Task to carry out
In the records below, find the line containing "validate) at h))" and the line containing "(c : Completion)"; please repeat exactly the lines from one to the other, both included, and nothing more.

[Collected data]
-------------------------
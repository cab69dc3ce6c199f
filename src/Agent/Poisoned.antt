-- ===== src/Agent/Poisoned.antt =====
-- pkgs/host/agent/src/lib.rs: a turn whose store cannot be locked.
use jan_klod.Common.{
  ℕ, ◌≤◌, ◌<◌, ◌≡◌, refl, sym, ap, ◌∙◌, String, Bool, true, List, [], ◌∷◌, ◌++◌, map, append_assoc,
  append-nil, Option, some, none, All, All-append, Bool-cases, inl, inr,
}
use jan_klod.Turn.{ToolCall, UserPrompt}
use jan_klod.Intercept.Types.{ToolInvoker}
use jan_klod.Conductor.Effects.{Parts, Limits}
use jan_klod.Conductor.Turns.{RunResult}
use jan_klod.Conductor.Halts.{Settling}
use jan_klod.Conductor.Clearance.{Keeps}
use jan_klod.Conductor.Clearance.Turn.{run_turn-IsCleared}
use jan_klod.Session.Store.{Store}
use jan_klod.Session.Persist.{
  Logged, warning_line, append_encoded, log_user_message, log_follow_up, persisting_sink,
  persisting_driver,
}
use jan_klod.Agent.{logged_parts, run_and_persist, unwarned, history_of}
use jan_klod.Agent.Returns.{run_and_persist_returns}

-- The tools reach the log by the driver that they are handed, and by nothing else.
pub record UseDriver {W : Type 0} (sha256 : String → String) (now : W → ℕ) (p : Parts W)
    (tools : ToolInvoker (Logged W)) (session : String) : Type 1 where
  pub binding :
      (P : Logged W → Type 0)
      → ((w : W) (s : Logged W) → P s → P (record s { inner = w }))
      → (name : String) (s : Logged W) → P s
      → P (tools.bind_session name s)
  pub invoking :
      (P : Logged W → Type 0)
      → ((w : W) (s : Logged W) → P s → P (record s { inner = w }))
      → ((q : UserPrompt) (s : Logged W)
          → P s
          → P ((persisting_driver p.codec sha256 now session p.driver).ask q s).1)
      → ((s : Logged W)
          → P s
          → P ((persisting_driver p.codec sha256 now session p.driver).follow_up s).1)
      → (call : ToolCall) (s : Logged W) → P s
      → P (tools.invoke_asking call (persisting_driver p.codec sha256 now session p.driver) s).1

-- The lock is poisoned, the store is `store`, and nothing but the warning of `session` was printed
-- after `printed`.
abbrev pub IsUntouched : {W : Type 0} → String → Store → List String → Logged W → Type 0
IsUntouched session store printed s =
    (s.poisoned ≡ true)
    × (s.store ≡ store)
    × (added : List String) × (s.stderr ≡ printed ++ added)
    × All (λ (l : String). l ≡ warning_line session) added

All-each :
    {A B : Type 0} (Q : B → Type 0) (f : A → B) (xs : List A)
    → ((x : A) → Q (f x))
    → All Q (map f xs)
All-each Q f [] h = tt
All-each Q f (x ∷ xs) h = (h x, All-each Q f xs h)

module _ {W : Type 0} (sha256 : String → String) (now : W → ℕ) (p : Parts W)
    (tools : ToolInvoker (Logged W)) (session : String) (store : Store)
    (printed : List String) where
  append_encoded-IsUntouched :
      (warned : Bool) (kind payload : String) (s : Logged W)
      → IsUntouched session store printed s
      → IsUntouched session store printed
          (append_encoded p.codec sha256 now session warned kind payload s).1
  unfolding append_encoded
  append_encoded-IsUntouched warned kind payload s (locked, same, added, e, ws) =
      elim (Bool-cases warned) [
        | inl f ↦ rw (locked, f) (refl, same, added, e, ws)
        | inr f ↦
            rw (locked, f)
              (
                refl,
                same,
                added ++ warning_line session ∷ [],
                ap (λ (l : List String). l ++ warning_line session ∷ []) e
                    ∙ append_assoc printed added (warning_line session ∷ []),
                All-append _ added _ ws (refl, tt),
              )
      ]

  log_follow_up-IsUntouched :
      (r : Option String × Logged W)
      → IsUntouched session store printed r.1
      → IsUntouched session store printed (log_follow_up p.codec sha256 now session r).1
  log_follow_up-IsUntouched (none, s) h = h
  log_follow_up-IsUntouched (some message, s) h = append_encoded-IsUntouched _ _ _ s h

  logged_parts-Keeps :
      UseDriver sha256 now p tools session
      → Keeps (IsUntouched session store printed) (logged_parts sha256 now p tools session)
  unfolding logged_parts persisting_sink persisting_driver
  logged_parts-Keeps only = record {
    intercepts = All-each _ _ p.interceptors (λ i x s h. h);
    completes = All-each _ _ p.providers (λ c r s h. h);
    asking = λ q s h. append_encoded-IsUntouched _ _ _ _ (append_encoded-IsUntouched _ _ _ s h);
    following = λ s h. log_follow_up-IsUntouched _ h;
    emitting = λ e s h. append_encoded-IsUntouched _ _ _ s h;
    binding = only.binding _ (λ w s h. h);
    invoking = λ c s k h.
        only.invoking _ (λ w u i. i)
          (λ q u i. append_encoded-IsUntouched _ _ _ _ (append_encoded-IsUntouched _ _ _ u i))
          (λ u i. log_follow_up-IsUntouched _ i) c s h;
  }

  log_user_message-IsUntouched :
      (text : String) (s : Logged W)
      → IsUntouched session store printed s
      → IsUntouched session store printed (log_user_message p.codec sha256 now session text s)
  unfolding log_user_message
  log_user_message-IsUntouched text s h = append_encoded-IsUntouched _ _ _ s h

  ran-IsUntouched :
      (fuel : ℕ) (limits : Limits) (message : String) (principal : Option String) (s s' : Logged W)
      (r : RunResult)
      → UseDriver sha256 now p tools session
      → run_and_persist sha256 now p tools session fuel limits message principal s ≡ some (r, s')
      → IsUntouched session store printed s
      → IsUntouched session store printed s'
  unfolding run_and_persist
  ran-IsUntouched fuel limits message principal s s' r only e h =
      run_turn-IsCleared (IsUntouched session store printed)
        (logged_parts sha256 now p tools session) fuel limits session message
        (history_of p.codec session s) principal _ (unwarned sha256 now p tools session s) r s'
        (logged_parts-Keeps only) log_user_message-IsUntouched h e

module _ {W : Type 0} (sha256 : String → String) (now : W → ℕ) (p : Parts W)
    (tools : ToolInvoker (Logged W)) (session : String) where
  -- A turn of a session whose lock is poisoned comes back with a result, the store as it was, and
  -- nothing printed of the log but the session's warning; where the tools reach the log by the driver
  -- that they are handed only, no interceptor asks again once it has been answered, and the rounds
  -- are at least as many as the cap.
  pub run_and_persist-IsUntouched :
      (fuel : ℕ) (limits : Limits) (message : String) (principal : Option String) (s : Logged W)
      → UseDriver sha256 now p tools session
      → Settling p
      → 0 < fuel
      → limits.max_iterations ≤ fuel
      → s.poisoned ≡ true
      → (r : RunResult) × (s' : Logged W) × (run_and_persist sha256 now p tools session fuel limits
            message principal s
          ≡ some (r, s'))
        × IsUntouched session s.store s.stderr s'
  run_and_persist-IsUntouched fuel limits message principal s only settling h k locked =
      let (r, s', e) =
        run_and_persist_returns sha256 now p tools session fuel limits message principal s settling
          h k in
      (
        r,
        s',
        e,
        ran-IsUntouched sha256 now p tools session s.store s.stderr fuel limits message principal s
            s' r only e (locked, refl, [], sym (append-nil s.stderr), tt),
      )
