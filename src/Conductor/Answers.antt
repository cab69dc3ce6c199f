-- ===== src/Conductor/Answers.antt =====
-- pkgs/host/agent/src/conductor.rs: what a pass over the tool calls leaves in the request.
use jan_klod.Common.{◌≡◌, refl, sym, ◌∙◌, ap, List, [], ◌∷◌, ◌++◌, some, append_assoc, append-nil}
use jan_klod.Turn.{ToolCall, Message, tool}
use jan_klod.Intercept.Types.{PendingRequest}
use jan_klod.Conductor.Effects.{Parts}
use jan_klod.Conductor.Rules.{Ensures, back, Ensures-some, Ensures-any, Ensures-map, >>=-Ensures}
use jan_klod.Conductor.Provider.{push_message}
use jan_klod.Conductor.Tools.{ToolPass, run_tool_call, run_tool_calls}

-- One message for each call, in the order of the calls, under the call's own id.
abbrev pub Answers : List ToolCall → List Message → Type 0
Answers [] [] = Unit
Answers (c ∷ cs) (m ∷ ms) = (m.role ≡ tool) × (m.tool_call_id ≡ some c.id) × Answers cs ms
Answers [] (m ∷ ms) = ⊥
Answers (c ∷ cs) [] = ⊥

module _ {W : Type 0} (p : Parts W) where
  abbrev Answered : ToolCall → PendingRequest → PendingRequest → Type 0
  Answered call request request' =
      (m : Message) × (m.role ≡ tool)
      × (m.tool_call_id ≡ some call.id)
      × (request' ≡ push_message request m)

  run_tool_call_answers :
      (call : ToolCall) (stop : ToolPass) (request : PendingRequest) (w : W)
      → Ensures (λ r _. Answered call request r.1) (run_tool_call p call stop request w)
  unfolding run_tool_call
  run_tool_call_answers call stop request w = >>=-Ensures _ _ w (Ensures-any _) λ gate w1 _.
      >>=-Ensures _ _ w1 (Ensures-any _) λ invoked w2 _.
        >>=-Ensures _ _ w2 (Ensures-any _)
          λ after w3 _. >>=-Ensures _ _ w3 (Ensures-any _) λ flow w4 _. back (_, refl, refl, refl)

  abbrev AllAnswered : List ToolCall → PendingRequest → PendingRequest → Type 0
  AllAnswered calls request request' =
      (ms : List Message) × Answers calls ms
      × (request' ≡ record request { messages = request.messages ++ ms })

  AllAnswered-cons :
      (call : ToolCall) (calls : List ToolCall) (r r1 r2 : PendingRequest)
      → Answered call r r1
      → AllAnswered calls r1 r2
      → AllAnswered (call ∷ calls) r r2
  AllAnswered-cons call calls r r1 r2 (m, role, id, e) (ms, answers, e1) = (
    m ∷ ms,
    (role, id, answers),
    e1
        ∙ ap (λ (x : PendingRequest). record x { messages = x.messages ++ ms }) e
        ∙ ap (λ (xs : List Message). record r { messages = xs })
            (append_assoc r.messages (m ∷ []) ms),
  )

  run_tool_calls_answers :
      (calls : List ToolCall) (stop : ToolPass) (request : PendingRequest) (w : W)
      → Ensures (λ r _. AllAnswered calls request r.1) (run_tool_calls p calls stop request w)
  unfolding run_tool_calls
  run_tool_calls_answers [] stop request w =
      back
        ([], tt, ap (λ (xs : List Message). record request { messages = xs }) (sym (append-nil _)))
  run_tool_calls_answers (call ∷ calls) stop request w =
      >>=-Ensures _ _ w (run_tool_call_answers call stop request w) λ r w1 answered.
        Ensures-map (λ r2 w2. AllAnswered-cons call calls request r.1 r2.1 answered)
          (run_tool_calls_answers calls r.0 r.1 w1)

  -- A pass over the tool calls of an answer appends to the request one tool message for each call,
  -- in the order of the calls and under the call's own id, whether the call ran, was denied or
  -- matched no tool; it changes nothing else of the request.
  pub run_tool_calls-Answers :
      (calls : List ToolCall) (stop stop' : ToolPass) (request request' : PendingRequest) (w w' : W)
      → run_tool_calls p calls stop request w ≡ some ((stop', request'), w')
      → (ms : List Message) × Answers calls ms
        × (request' ≡ record request { messages = request.messages ++ ms })
  run_tool_calls-Answers calls stop stop' request request' w w' h =
      Ensures-some _ h (run_tool_calls_answers calls stop request w)
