-- ===== src/Conductor/Fallback.antt =====
-- pkgs/host/agent/src/conductor.rs: the fallback chain and the retries of malformed output.
use jan_klod.Common.{
  ℕ, zero, suc, ◌≡◌, ◌≢◌, refl, sym, ap, subst, String, List, [], ◌∷◌, ◌++◌, Result, ok, err, inl,
  inr, All, format, join, append_assoc, append-nil, Result-cases,
}
use jan_klod.Json.{Codec, Value}
use jan_klod.Turn.{ToolCall, warning}
use jan_klod.Intercept.Types.{PendingRequest, Completion, Completer}
use jan_klod.Conductor.Effects.{Parts, max_retries}
use jan_klod.Conductor.Provider.{
  failure_note, validate, fallback_loop, fallback_from, complete_with_fallback, checked,
  check_completion, attempt, Attempt, failed, accepted, malformed, last_attempt, or_retry,
  retry_loop, complete_validated,
}

module _ {W : Type 0} (p : Parts W) (request : PendingRequest) where
  -- Each provider of a list was asked, in order, with the request itself; each failed, and the
  -- client was warned of it. `notes` names each with its reason.
  pub data FailedInTurn (w' : W) : List (Completer W) → W → List String → Type 0 where
    none_left : {w : W} → w' ≡ w → FailedInTurn w' [] w []
    next_failed :
        {c : Completer W} {cs : List (Completer W)} {w : W} {notes : List String} (reason : String)
        → (c.complete request w).0 ≡ err reason
        → FailedInTurn w' cs
            (p.sink.emit
              (warning (format ("provider " ∷ failure_note c.id reason ∷ "; falling back" ∷ [])))
              (c.complete request w).1).1
            notes
        → FailedInTurn w' (c ∷ cs) w (failure_note c.id reason ∷ notes)

  -- The first provider that answers, those before it having failed in turn.
  pub record AnsweredBy (cs : List (Completer W)) (w : W) (completion : Completion) (w' : W)
      : Type 0 where
    pub before : List (Completer W)
    pub provider : Completer W
    pub after : List (Completer W)
    pub state : W
    pub notes : List String
    pub split : cs ≡ before ++ provider ∷ after
    pub failures : FailedInTurn state before w notes
    pub answer : provider.complete request state ≡ (ok completion, w')

  -- What a fallback chain comes to.
  abbrev pub FallsBack :
      List (Completer W) → List String → W → Result Completion String → W → Type 0
  FallsBack cs failures w (ok completion) w' = AnsweredBy cs w completion w'
  FallsBack cs failures w (err message) w' =
      (notes : List String) × FailedInTurn w' cs w notes
      × (message ≡ format ("all providers failed (" ∷ join "; " (failures ++ notes) ∷ ")" ∷ []))

  FallsBack-cons :
      (c : Completer W) (cs : List (Completer W)) (failures : List String) (w : W) (reason : String)
      (r : Result Completion String) (w' : W)
      → (c.complete request w).0 ≡ err reason
      → FallsBack cs
          (failures ++ failure_note c.id reason ∷ [])
          (p.sink.emit
            (warning (format ("provider " ∷ failure_note c.id reason ∷ "; falling back" ∷ [])))
            (c.complete request w).1).1
          r
          w'
      → FallsBack (c ∷ cs) failures w r w'
  FallsBack-cons c cs failures w reason (ok completion) w' e h = record {
    before = c ∷ h.before;
    provider = h.provider;
    after = h.after;
    state = h.state;
    notes = failure_note c.id reason ∷ h.notes;
    split = ap (λ (xs : List (Completer W)). c ∷ xs) h.split;
    failures = next_failed reason e h.failures;
    answer = h.answer;
  }
  FallsBack-cons c cs failures w reason (err message) w' e (notes, f, m) = (
    failure_note c.id reason ∷ notes,
    next_failed reason e f,
    rw (sym (append_assoc failures (failure_note c.id reason ∷ []) notes)) m,
  )

  answered_first :
      (c : Completer W) (cs : List (Completer W)) (w : W) (completion : Completion)
      → (c.complete request w).0 ≡ ok completion
      → AnsweredBy (c ∷ cs) w completion (c.complete request w).1
  answered_first c cs w completion e = record {
    before = [];
    provider = c;
    after = cs;
    state = w;
    notes = [];
    split = refl;
    failures = none_left refl;
    answer = λ i. (e i, (c.complete request w).1);
  }

  fallback_loop-FallsBack :
      (cs : List (Completer W)) (failures : List String) (w : W)
      → FallsBack cs failures w
          (fallback_loop p request cs failures w).0
          (fallback_loop p request cs failures w).1
  unfolding fallback_loop
  fallback_loop-FallsBack [] failures w = ([], none_left refl, rw append-nil)
  fallback_loop-FallsBack (c ∷ cs) failures w = elim (Result-cases (c.complete request w).0) [
    | inl (completion, e) ↦ rw (e, fallback_loop) (answered_first c cs w completion e)
    | inr (reason, e) ↦
        rw (e, fallback_loop)
          (FallsBack-cons c cs failures w reason _ _ e (fallback_loop-FallsBack cs _ _))
  ]

  fallback_from-FallsBack :
      (cs : List (Completer W)) (w : W)
      → cs ≢ []
      → FallsBack cs [] w (fallback_from p cs request w).0 (fallback_from p cs request w).1
  unfolding fallback_from
  fallback_from-FallsBack [] w h = absurd (h refl)
  fallback_from-FallsBack (c ∷ cs) w h = fallback_loop-FallsBack (c ∷ cs) [] w

  -- With at least one provider, `complete_with_fallback` asks them in order with the same request
  -- until one answers. Its answer is that provider's, all before it having failed with a warning
  -- each; its error names every provider with its own reason, in order.
  pub complete_with_fallback-FallsBack :
      (w : W)
      → p.providers ≢ []
      → FallsBack p.providers [] w
          (complete_with_fallback p request w).0
          (complete_with_fallback p request w).1
  unfolding complete_with_fallback
  complete_with_fallback-FallsBack w h = fallback_from-FallsBack p.providers w h

-- Every tool call's arguments read as JSON.
abbrev pub HasJson : Codec → List ToolCall → Type 0
HasJson codec calls =
    All (λ (call : ToolCall). (v : Value) × (codec.from_str call.arguments ≡ ok v)) calls

validate-HasJson :
    (codec : Codec) (calls : List ToolCall) → validate codec calls ≡ ok tt → HasJson codec calls
unfolding validate
validate-HasJson codec [] h = tt
validate-HasJson codec (call ∷ calls) h = elim (Result-cases (codec.from_str call.arguments)) [
  | inl (v, e) ↦ ((v, e), validate-HasJson codec calls (rw (e, validate) at h))
  | inr (x, e) ↦ cc (rw (e, validate) at h)
]

module _ {W : Type 0} (p : Parts W) where
  abbrev AcceptedJson : Attempt → Type 0
  AcceptedJson (accepted completion) = HasJson p.codec completion.tool_calls
  AcceptedJson (failed reason) = Unit
  AcceptedJson (malformed completion reason) = Unit

  abbrev OkJson : Result Completion String → Type 0
  OkJson (ok completion) = HasJson p.codec completion.tool_calls
  OkJson (err reason) = Unit

  checked-AcceptedJson :
      (c : Completion) (r : Result (Unit {0}) String)
      → validate p.codec c.tool_calls ≡ r
      → AcceptedJson (checked p c r)
  checked-AcceptedJson c (ok u) e = validate-HasJson p.codec c.tool_calls e
  checked-AcceptedJson c (err reason) e = tt

  check_completion-AcceptedJson :
      (r : Result Completion String × W) → AcceptedJson (check_completion p r).0
  unfolding check_completion
  check_completion-AcceptedJson (ok c, w) = checked-AcceptedJson c _ refl
  check_completion-AcceptedJson (err reason, w) = tt

  last_attempt-OkJson : (r : Attempt × W) → AcceptedJson r.0 → OkJson (last_attempt p r).0
  last_attempt-OkJson (failed reason, w) h = tt
  last_attempt-OkJson (accepted c, w) h = h
  last_attempt-OkJson (malformed c reason, w) h = tt

  or_retry-OkJson :
      (next : PendingRequest → W → Result Completion String × W) (request : PendingRequest)
      (r : Attempt × W)
      → ((request1 : PendingRequest) (w : W) → OkJson (next request1 w).0)
      → AcceptedJson r.0
      → OkJson (or_retry p next request r).0
  or_retry-OkJson next request (failed reason, w) k h = tt
  or_retry-OkJson next request (accepted c, w) k h = h
  or_retry-OkJson next request (malformed c reason, w) k h = k _ _

  retry_loop-OkJson :
      (left : ℕ) (request : PendingRequest) (w : W) → OkJson (retry_loop p left request w).0
  unfolding retry_loop attempt
  retry_loop-OkJson zero request w = last_attempt-OkJson _ (check_completion-AcceptedJson _)
  retry_loop-OkJson (suc left) request w =
      or_retry-OkJson (retry_loop p left) request _ (retry_loop-OkJson left)
        (check_completion-AcceptedJson _)

  -- A completion that reaches the loop has only tool calls whose arguments are JSON, whatever the
  -- providers send.
  pub complete_validated-HasJson :
      (request : PendingRequest) (w w' : W) (completion : Completion)
      → complete_validated p request w ≡ (ok completion, w')
      → HasJson p.codec completion.tool_calls
  unfolding complete_validated
  complete_validated-HasJson request w w' completion e =
      subst OkJson (ap (λ (r : Result Completion String × W). r.0) e)
        (retry_loop-OkJson max_retries request w)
-------------------------
Exercise solution
  | inl (v, e) ↦ ((v, e), validate-HasJson codec calls (rw (e, validate) at h))
  | inr (x, e) ↦ cc (rw (e, validate) at h)
]

module _ {W : Type 0} (p : Parts W) where
  abbrev AcceptedJson : Attempt → Type 0
  AcceptedJson (accepted completion) = HasJson p.codec completion.tool_calls
  AcceptedJson (failed reason) = Unit
  AcceptedJson (malformed completion reason) = Unit

  abbrev OkJson : Result Completion String → Type 0
  OkJson (ok completion) = HasJson p.codec completion.tool_calls
  OkJson (err reason) = Unit

  checked-AcceptedJson :
      (c : Completion) (r : Result (Unit {0}) String)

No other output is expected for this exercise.